Currently, many models of knowledge representation have been developed. Having a generic name, they differ in the ideas underlying them from the point of view of mathematical validity. Types of models are shown in the figure.
  Classification of knowledge representation models
The first approach, called empirical , is based on the study of the principles of the organization of human memory and the modeling of mechanisms for solving problems by man. Based on this approach, the following models have been developed and are best known:
  • production models - a model based on rules, allows you to present knowledge in the form of sentences like: "IF a condition, THEN action". The production model has the disadvantage that with the accumulation of a sufficiently large number (of the order of several hundred) products, they begin to contradict each other;
  • network models (or semantic networks) - in knowledge engineering, it means a graph representing the meaning of a complete image. The nodes of the graph correspond to the concepts and objects, and the arcs correspond to the relations between the objects. It has the disadvantage that the unambiguous definition of the semantic network is currently missing;
  • frame model - is based on such a concept as a frame (eng. frame - frame, frame). A frame is a data structure for representing a conceptual object. Information relating to the frame is contained in its constituent slots. Slots can be terminal or be frames themselves, so forming a whole hierarchical network.
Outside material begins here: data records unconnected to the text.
-- ===== src/ModeX/Moves.antt =====
-- What set_view_window of mp2/modex.c keeps of the picture.
use ece_391_fall.Prelude.{
  ℕ, ◌+◌, ◌-◌, ◌*◌, ◌/◌, ◌%◌, ◌^◌, ◌≤◌, ◌<◌, ◌≡◌, refl, sym, ap, ◌∙◌, arith, false, ◌||◌,
  Bool-cases, inl, inr, ltb, if◌then◌else◌, add32, sub32, slt, sle,
}
use ece_391_fall.ModeX.{
  ModeX, scroll_size, scroll_x_width, sar2, copy_up, copy_down, fits, rebase, move_window,
  set_view_window,
}
use ece_391_fall.ModeX.Show.{sar2_lem, cell, cell_lem}
use ece_391_fall.ModeX.Copies.{copy_lem}
use ece_391_fall.ModeX.Window.{Inside, OnMap}

-- The later and the earlier of two coordinates, by the signed test.
abbrev later : ℕ → ℕ → ℕ
later a b = if slt a b then b else a

abbrev earlier : ℕ → ℕ → ℕ
earlier a b = if slt a b then a else b

later_lem :
    (a b c : ℕ)
    → a < 2 ^ 20
    → b < 2 ^ 20
    → a ≤ c
    → b ≤ c
    → (a ≤ later a b) × (b ≤ later a b) × (later a b ≤ c)
later_lem a b c ha hb h h' =
    (ground (arith, ha, hb), ground (arith, ha, hb), ground (arith, ha, hb, h, h'))

earlier_lem :
    (a b c d : ℕ)
    → a < 2 ^ 20
    → b < 2 ^ 20
    → c < a + d
    → c < b + d
    → (earlier a b ≤ a) × (earlier a b ≤ b) × (c < earlier a b + d)
earlier_lem a b c d ha hb h h' =
    (ground (arith, ha, hb), ground (arith, ha, hb), ground (arith, ha, hb, h, h'))

-- The byte of the first plane with the window's first pixel.
first_byte :
    (s : ModeX)
    → OnMap s.show_x s.show_y
    → Inside s
    → ((s.img3 + s.show_x / 4 + s.show_y * 80) % 2 ^ 32 < 2 ^ 20)
unfolding Inside
first_byte s map inside =
    let i : ℕ = 3 - s.show_x % 4 in
    let at =
      cell_lem s (s.show_x + i) (s.show_y + 0) (omega (arith, map.0)) (omega (arith, map.1)) in
    let bound = inside i 0 (omega arith) (omega arith) in omega (arith, at, bound, map)

-- The addresses that move_window computes from its four corners.
abbrev offset : ℕ → ℕ → ℕ
offset x y = add32 (sar2 x) ((y * scroll_x_width) % 2 ^ 32)

abbrev span : ℕ → ℕ → ℕ → ℕ → ℕ
span sx sy ex ey =
    add32 (sub32 (add32 (offset (add32 ex 319) (add32 ey 181)) 1) (offset sx sy)) (3 * scroll_size)

offset_lem : (x y : ℕ) → x < 2 ^ 20 → y < 2 ^ 20 → offset x y ≡ x / 4 + y * 80
offset_lem x y hx hy = rw (sar2_lem x (omega (arith, hx))) (omega (arith, hx, hy))

span_lem :
    (sx sy ex ey : ℕ)
    → ex + 320 < 2 ^ 20
    → ey + 182 < 2 ^ 20
    → sx ≤ ex + 319
    → sy ≤ ey + 181
    → span sx sy ex ey ≡ (ex + 319) / 4 + (ey + 181) * 80 + 1 - (sx / 4 + sy * 80) + 3 * scroll_size
span_lem sx sy ex ey hx hy lx ly =
    let end_x : add32 ex 319 ≡ ex + 319 = omega (arith, hx) in
    let end_y : add32 ey 181 ≡ ey + 181 = omega (arith, hy) in
    rw
      (
        end_x,
        end_y,
        offset_lem (ex + 319) (ey + 181) (omega (arith, hx)) (omega (arith, hy)),
        offset_lem sx sy (omega (arith, hx, lx)) (omega (arith, hy, ly)),
      )
      (omega (arith, hx, hy, lx, ly))

module _ (x y i j : ℕ) (s : ModeX) (new : OnMap x y) (old : OnMap s.show_x s.show_y)
    (inside : Inside s) (hi : i < 320) (hj : j < 182) (left : s.show_x ≤ x + i)
    (right : x + i < s.show_x + 320) (top : s.show_y ≤ y + j)
    (bottom : y + j < s.show_y + 182) where
  abbrev s1 : ModeX
  s1 = record s { show_x = x; show_y = y }

  moved-cell :
      (move_window s.show_x s.show_y s1).build
        (cell (move_window s.show_x s.show_y s1) (x + i) (y + j))
      ≡ s.build (cell s (x + i) (y + j))
  unfolding move_window
  moved-cell =
      let sx = later s.show_x x in
      let sy = later s.show_y y in
      let ex = earlier s.show_x x in
      let ey = earlier s.show_y y in
      let hsx =
        later_lem s.show_x x (x + i) (omega (arith, old.0)) (omega (arith, new.0)) left
          (omega arith) in
      let hsy =
        later_lem s.show_y y (y + j) (omega (arith, old.1)) (omega (arith, new.1)) top
          (omega arith) in
      let hex =
        earlier_lem s.show_x x (x + i) 320 (omega (arith, old.0)) (omega (arith, new.0)) right
          (omega (arith, hi)) in
      let hey =
        earlier_lem s.show_y y (y + j) 182 (omega (arith, old.1)) (omega (arith, new.1)) bottom
          (omega (arith, hj)) in
      let img3 = (rebase s1).img3 in
      let start_off =
        offset_lem sx sy (omega (arith, hsx, new.0, hi)) (omega (arith, hsy, new.1, hj)) in
      let start = add32 s.img3 (offset sx sy) in
      let target = add32 img3 (offset sx sy) in
      let len = span sx sy ex ey in
      let len_eq =
        span_lem sx sy ex ey (omega (arith, hex, old.0)) (omega (arith, hey, old.1))
          (omega (arith, hsx, hex)) (omega (arith, hsy, hey)) in
      let plane : ℕ = 3 - (x + i) % 4 in
      let d : ℕ = (x + i) / 4 + (y + j) * 80 - (sx / 4 + sy * 80) + plane * scroll_size in
      let first = first_byte s old inside in
      let middle : (img3 + x / 4 + y * 80) % 2 ^ 32 ≡ 10256 =
        rw (sar2_lem x (omega (arith, new.0))) (omega (arith, new)) in
      let cell_old =
        cell_lem s (x + i) (y + j) (omega (arith, new.0, hi)) (omega (arith, new.1, hj)) in
      let cell_new =
        cell_lem (rebase s1) (x + i) (y + j) (omega (arith, new.0, hi))
          (omega (arith, new.1, hj)) in
      ap
        (λ c.
          (if ltb start target
              then copy_down len target start s.build
              else copy_up len target start 0 s.build)
            c)
        (cell_new ∙ omega (arith, start_off, middle, hsx, hsy, hi, hj, new))
      ∙ copy_lem len target start d s.build (omega (arith, len_eq, hsx, hsy, hex, hey))
          (omega (arith, start_off, len_eq, first, hsx, hsy, hex, hey, left, top, hi, hj, new, old))
          (omega (arith, start_off, len_eq, middle, hsx, hsy, hex, hey, hi, hj, new, old))
      ∙ ap s.build (omega (arith, start_off, first, hsx, hsy, hi, hj, new, old) ∙ sym cell_old)

  -- Windows that share a pixel are not apart.
  overlap :
      (sle x (sub32 s.show_x 320)
        || sle (add32 s.show_x 320) x
        || sle y (sub32 s.show_y 182)
        || sle (add32 s.show_y 182) y)
      ≡ false
  overlap =
      let a : sle x (sub32 s.show_x 320) ≡ false = ground (arith, new, old, left, right, hi) in
      let b : sle (add32 s.show_x 320) x ≡ false = ground (arith, new, old, left, right, hi) in
      let c : sle y (sub32 s.show_y 182) ≡ false = ground (arith, new, old, top, bottom, hj) in
      let d : sle (add32 s.show_y 182) y ≡ false = ground (arith, new, old, top, bottom, hj) in
      rw (a, b, c, d) refl

-- Every pixel of the map that is in the old view window and in the new one has the same byte in the build buffer
-- after set_view_window as before, also where the picture is moved and the two places overlap, so that only the
-- part that scrolls into view has to be drawn.
pub set_view_window-keeps :
    (x y i j : ℕ) (s : ModeX)
    → OnMap x y
    → OnMap s.show_x s.show_y
    → Inside s
    → i < 320
    → j < 182
    → s.show_x ≤ x + i
    → x + i < s.show_x + 320
    → s.show_y ≤ y + j
    → y + j < s.show_y + 182
    → (set_view_window x y s).build (cell (set_view_window x y s) (x + i) (y + j))
      ≡ s.build (cell s (x + i) (y + j))
unfolding set_view_window
set_view_window-keeps x y i j s new old inside hi hj left right top bottom =
    elim (Bool-cases (fits s.img3_off x y)) [
      | inl e ↦ rw e refl
      | inr e ↦
          rw (e, overlap x y i j s new old inside hi hj left right top bottom)
            (moved-cell x y i j s new old inside hi hj left right top bottom)
    ]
These models are discussed in more detail in the corresponding articles. Conventionally, the group of empirical approach can include neural networks and genetic algorithms related to bionic (based on the assumption that if the artificial system reproduces the structures and processes of the human brain, then the results of solving problems with such a system will be similar to the results obtained by man) artificial intelligence. A feature of this type of model is the wide use of heuristics, which in each case requires proof of the correctness of the solutions obtained.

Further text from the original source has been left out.